*What the task requires:* Using the listing that follows, return every line with the word "attempts".

┌─ Given information

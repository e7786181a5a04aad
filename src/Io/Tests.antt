-- ===== src/Io/Tests.antt =====
-- The theorems on calls that are tried again, at concrete turns.
use vclnet.Base.{
  ℕ, pos, negsuc, List, [], ◌∷◌, Bool, true, false, Option, none, some, ◌≡◌, refl, ◌↔◌, int_eq,
}
use vclnet.Errors.{Error, errno, eagain, wait_canceled, poll_closed, Result, ok, err}
use vclnet.Wait.{Vlsh, epoll_in}
use vclnet.Worker.Defs.{Vpp, Worker}
use vclnet.Mode2.Defs.{Dispatcher, session}
use vclnet.Io.Raw.{Op, read, Answer, raw, events_of}
use vclnet.Io.Spec.{Returns}
use vclnet.Io.Mode3
use vclnet.Io.Mode3.{call3}
use vclnet.Io.Mode2
use vclnet.Io.Mode2.{call2, attempt_call}
use vclnet.Io.Locks.{follow, free, call3-follow}
use vclnet.Io.Refines.{call3-Returns, interrupted_by}
use vclnet.Io.Refines
use vclnet.Io.Refines2.{call2-Returns}
use vclnet.Io.Refines2

-- EAGAIN and a wait, then five bytes.
abbrev nothing_yet : Answer
nothing_yet = record { rv = negsuc 10; peer = record { is_ip4 = true; ip = []; port_be = 0 } }

abbrev five_bytes : Answer
five_bytes = record { rv = pos 5; peer = record { is_ip4 = true; ip = []; port_be = 0 } }

abbrev turn3 : Answer → Bool → Mode3.Turn
turn3 a ready = record { app_live = true; answer = a; ready = ready }

abbrev turns3 : List Mode3.Turn
turns3 = turn3 nothing_yet true ∷ turn3 five_bytes true ∷ []

call3-Returns_example :
    ((call3 (read 8) turns3).1 ≡ some (ok 5))
    ↔ Returns (Refines.attempts (interrupted_by (read 8)) (raw (read 8)) turns3) (ok 5)
call3-Returns_example = call3-Returns (read 8) turns3 (ok 5) refl

read_twice : (call3 (read 8) turns3).1 ≡ some (ok 5)
unfolding Mode3.mode3_read_context vclnet.Errors.is_again
read_twice = refl

call3-follow_example : follow free (call3 (read 8) turns3).0 ≡ some free
call3-follow_example = call3-follow (read 8) turns3

-- One worker with session 1, whose raw handle is 7.
abbrev willing : Vpp
willing = record {
  add_ok = λ _ _ _. true;
  mod_ok = λ _ _ _. true;
  ctl_error = λ _ _. Error.eof;
  session_worker = λ _. some 3;
  close_error = λ _. none;
}

abbrev reader : Dispatcher
reader = record {
  workers =
      record {
        vcl_index = 3;
        sessions = (pos 1, pos 7) ∷ [];
        waiters = [];
        woken = [];
        calls = [];
        closed_raw = [];
        violations = 0;
        ep_open = true;
        quiesced = false;
      }
      ∷ [];
  owners = (pos 1, session 0 (pos 7)) ∷ [];
  rr = 0;
  next_handle = 1;
  stopping = false;
  app_live = true;
}

abbrev turn2 : Answer → Mode2.Branch → Mode2.Turn
turn2 a b = record {
  before_call = λ d. d;
  answer = a;
  before_wait = λ d. d;
  waiter_id = 0;
  branch = b;
  before_cancel = λ d. d;
  woken = false;
  before_error = λ d. d;
  done = true;
}

abbrev turns2 : List Mode2.Turn
turns2 = turn2 nothing_yet Mode2.waiter_ready ∷ turn2 five_bytes Mode2.waiter_ready ∷ []

call2-Returns_example :
    ((call2 willing (pos 1) (read 8) turns2 reader).1 ≡ some (ok 5))
    ↔ Returns
        (Refines2.attempts willing
          (pos 1)
          epoll_in
          (attempt_call willing (pos 1) (read 8))
          turns2
          reader)
        (ok 5)
call2-Returns_example = call2-Returns willing (pos 1) (read 8) turns2 reader (ok 5)

read_twice2 : (call2 willing (pos 1) (read 8) turns2 reader).1 ≡ some (ok 5)
unfolding Mode2.retry vclnet.Mode2.Defs.session_call vclnet.Base.lookup vclnet.Worker.Defs.owned_raw
    vclnet.Io.Raw.raw_read vclnet.Errors.is_again_error vclnet.Errors.vpp_err
    Mode2.poll_wait_context
read_twice2 = refl

canceled :
    (call2 willing (pos 1) (read 8) (turn2 nothing_yet Mode2.done_closed ∷ []) reader).1
    ≡ some (err wait_canceled)
unfolding Mode2.retry vclnet.Mode2.Defs.session_call vclnet.Base.lookup vclnet.Worker.Defs.owned_raw
    vclnet.Io.Raw.raw_read vclnet.Errors.is_again_error vclnet.Errors.vpp_err
    Mode2.poll_wait_context vclnet.Base.insert vclnet.Wait.has Mode2.wait_interrupted_error
canceled = refl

└─

*Reply to the task:*
    ↔ Returns (Refines.attempts (interrupted_by (read 8)) (raw (read 8)) turns3) (ok 5)
        (Refines2.attempts willing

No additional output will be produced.